Pero la mayoría de estos ejemplos están más relacionados al punto de venta y a las transacciones de un negocio que a los trámites comunes de un banco, como abrir una cuenta, depositar dinero o pagar un servicio. Es fácil tener la percepción de que en México falta mucho para tener un banco digital, en línea, que no tuviera sucursales y que facilitara los trámites, de manera transparente y sin cobrar comisiones.

Desde hace dos años, existe Bankaool, un servicio bancario sin sucursales, hecho en México y que sólo  existe en un ecosistema digital.
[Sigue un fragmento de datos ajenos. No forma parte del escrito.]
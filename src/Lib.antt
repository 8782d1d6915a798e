-- ===== src/Lib.antt =====
-- ArcDB keeps the outputs of agents as versions with a lifecycle, evidence that backs them, and
-- effects on the outside world with their receipts.
--
-- Contracts models packages/contracts/src: errors.ts (Errors), primitives.ts (Primitives), digest.ts
-- (Digest), output.ts (Output), evidence.ts (Evidence), effect.ts (Effect, Remediation) and lineage.ts
-- (Lineage). A zod schema is a
-- function `parse_…` from the raw value to a Result: it gives the value that `schema.parse` returns,
-- or the fault `zod`. The unknown keys that a strict schema refuses have no counterpart in a record.
-- Numbers are natural numbers; a confidence is a multiple of the least positive double.
--
-- Lifecycle models packages/lifecycle/src: evidence-policy.ts (Policy, and Policy/Evaluate for the
-- evaluation of a policy), output-machine.ts (Machine) and effects.ts (Effects). Policy calls the
-- fingerprint of Digest; Machine calls Policy; Effects stands alone. A function that throws returns a
-- Result, whose fault keeps the error class and the arguments of its constructor (Contracts/Errors).
-- Machine/Trace composes transitions the way a caller does, each on the output of the last.
--
-- Worker models the effect jobs of apps/worker/src: errors.ts (Errors), connectors/ (Connector),
-- effect-store.ts (World, Store) and effects.ts (Runtime, with Runtime/Execute for `reconcileEffect`
-- and Runtime/Compensate for `runCompensation`), and manual-receipt-service.ts (Manual). Its actions pass the world along: the rows of the
-- job's intent, the calls of connectors, and a moment that every await advances. At each moment other
-- processes may have changed the rows; they, the fences, the connectors, the hooks and the approval
-- guard are given by Env, with no assumption but those that a theorem names. A transaction is one
-- step. Ensures is the logic of invariants that actions keep, Runtime/Begun says what the store holds
-- after a begin, and Safety has the single moments of a job. The runtime uses the table of transitions
-- of Lifecycle/Effects. Jobs models job-store.ts with the SQL of JobsRepository in
-- packages/db/src/repositories/control.ts: a transaction is a function of the rows and of its time
-- (Jobs/Store, Jobs/Enqueue), and a run is any sequence of them (Jobs/Leases). Backoff models
-- backoff.ts in exact rational arithmetic, where the code rounds products to doubles.
--
-- Auth models packages/auth/src/rbac.ts: the permissions of the roles and authorization.
--
-- Lineage models packages/lineage/src: selectors.ts (Selectors), impact.ts (Impact, with
-- Impact/Report for the result) and invalidation.ts (Invalidation, with Plan and Apply). The maps and
-- sets of the analysis are lists; transfer functions and the fingerprint resolver are parameters that
-- may throw. Its loop runs on fuel, and gives none where that is not enough; Impact/Terminates has a
-- bound that is. A plan calls the analysis, and takes its states from Contracts and the table of
-- Lifecycle/Machine.
--
-- Host is the platform: trim, the length of a string in UTF-16 units, the ISO check of zod,
-- Date.parse, the orders of strings, JSON.stringify and SHA-256, a parameter of what uses it.
-- Base holds the helpers. All other recursion is on lists or on the structure of a value.
--
-- Not modelled: the HTTP routes of apps/api, the dashboard of apps/web, the rest of the SQL of packages/db, the
-- clients of packages/sdk-typescript, packages/artifacts, telemetry, API keys, `explainImpact` of
-- packages/lineage, and of apps/worker the processor of jobs, its timers and servers, the loop of
-- recovery over the tenants and the queries on the health of the queue.
pub mod Base
pub mod Host
pub mod Contracts
pub mod Lifecycle
pub mod Worker
pub mod Auth
pub mod Lineage
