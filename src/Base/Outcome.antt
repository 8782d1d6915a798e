-- ===== src/Base/Outcome.antt =====
-- The outcome of code that may throw: a value, or what was thrown.
use mathlib.Core.Path.{◌≡◌, refl, subst}
use mathlib.Core.Bool.{Bool, true, false}
use mathlib.Core.Option.{Option, none, some}

pub data Result {ℓ κ} (E : Type κ) (A : Type ℓ) : Type (ℓ ⊔ κ) where
  ok : A → Result E A
  err : E → Result E A

infixl 5 ◌>>=◌ ◌>>◌
-- A throw passes over what follows.
abbrev pub ◌>>=◌ {ℓ κ μ} :
    {E : Type μ} {A : Type ℓ} {B : Type κ} (m : Result E A) (next : A → Result E B) → Result E B
err thrown >>= next = err thrown
ok returned >>= next = next returned

-- `if (b) throw e`
abbrev pub throw_if {μ} : {E : Type μ} → Bool → E → Result E (Unit {0})
throw_if true e = err e
throw_if false e = ok tt

abbrev pub ◌>>◌ {ℓ μ} :
    {E : Type μ} {B : Type ℓ} (m : Result E (Unit {0})) → Result E B → Result E B
m >> rest = m >>= λ done. rest

-- The value, or a throw where there is none.
abbrev pub or_throw {ℓ μ} : {E : Type μ} {A : Type ℓ} → Option A → E → Result E A
or_throw none e = err e
or_throw (some a) e = ok a

pub >>=-eq-ok {ℓ κ μ} :
    {E : Type μ} {B : Type κ} {A : Type ℓ} (m : Result E A) (next : A → Result E B) {last : B}
    → m >>= next ≡ ok last
    → (x : A) × (m ≡ ok x) × (next x ≡ ok last)
>>=-eq-ok (err thrown) next h = cc
>>=-eq-ok (ok returned) next h = (returned, refl, h)

pub throw_if-eq-ok {μ} :
    {E : Type μ} (b : Bool) (e : E) {u : Unit} → throw_if b e ≡ ok u → b ≡ false
throw_if-eq-ok true e h = cc
throw_if-eq-ok false e h = refl

pub or_throw-eq-ok {ℓ μ} :
    {E : Type μ} {A : Type ℓ} (o : Option A) (e : E) {a : A} → or_throw o e ≡ ok a → o ≡ some a
or_throw-eq-ok none e h = cc
or_throw-eq-ok (some a) e h = cc

-- Whatever a computation returns satisfies `P`.
abbrev pub Returns {ℓ κ μ} :
    {E : Type μ} {A : Type ℓ} → (A → Type κ) → Result E A → Type (ℓ ⊔ κ ⊔ μ)
Returns {A} P r = (a : A) → r ≡ ok a → P a

-- So it does behind a step that returns, if it does for any value of that step.
pub after {ℓ κ μ ν} :
    {E : Type μ} {A : Type ℓ} {B : Type κ} (P : B → Type ν) (m : Result E A) (f : A → Result E B)
    → ((a : A) → Returns P (f a))
    → Returns P (m >>= f)
after P (ok a) f k = k a
after P (err e) f k = λ b h. cc

-- The same, where what follows rests on what the step returned.
pub after_ok {ℓ κ μ ν} :
    {E : Type μ} {A : Type ℓ} {B : Type κ} (P : B → Type ν) (m : Result E A) (f : A → Result E B)
    → ((a : A) → m ≡ ok a → Returns P (f a))
    → Returns P (m >>= f)
after_ok P (ok a) f k = k a refl
after_ok P (err e) f k = λ b h. cc

pub at_end {ℓ μ ν} :
    {E : Type μ} {A : Type ℓ} (P : A → Type ν) (a : A) → P a → Returns {E = E} P (ok a)
at_end P a p = λ b h. subst P (cc) p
En sus inicios Bankaool estaba enfocado en el sector de Agrofinanzas, pero el año pasado apostó fuerte e invirtió para ofrecer un servicio de banca 100% digital, con procesos transparentes, buenos rendimientos y, sobre todo, sin comisiones.

Me tomó pocos minutos llenar la forma y activar mi cuenta a través de su página de internet. Casi de manera automática recibí dos correos, uno confirmando mi suscripción y el otro con información de mi nueva cuenta. Descargué la aplicación y ¡listo! Ahora tengo un banco en mi teléfono celular. Sí, los servicios todavía son limitados, pero por lo menos anulé uno de los procesos más pesados y tediosos: ir a una sucursal con muchos documentos en original y copia, esperar a ser atendido por un ejecutivo y con suerte, salir de ahí el mismo día con una cuenta.

Pero, ¿qué se necesita para avanzar en esta tendencia? Usar los servicios. Ser de los early adopters y aportar retroalimentación. Pasar la voz. Platicar la experiencia. Pero más importante, entender que estos servicios están diseñados con base en nuestras necesidades y quejas. La página de Bankaool dice: “Se pionero del cambio de la banca en México”. Me tomó menos de 10 minutos hacerlo. Y confíen en mí. Se siente muy bien ser parte del cambio.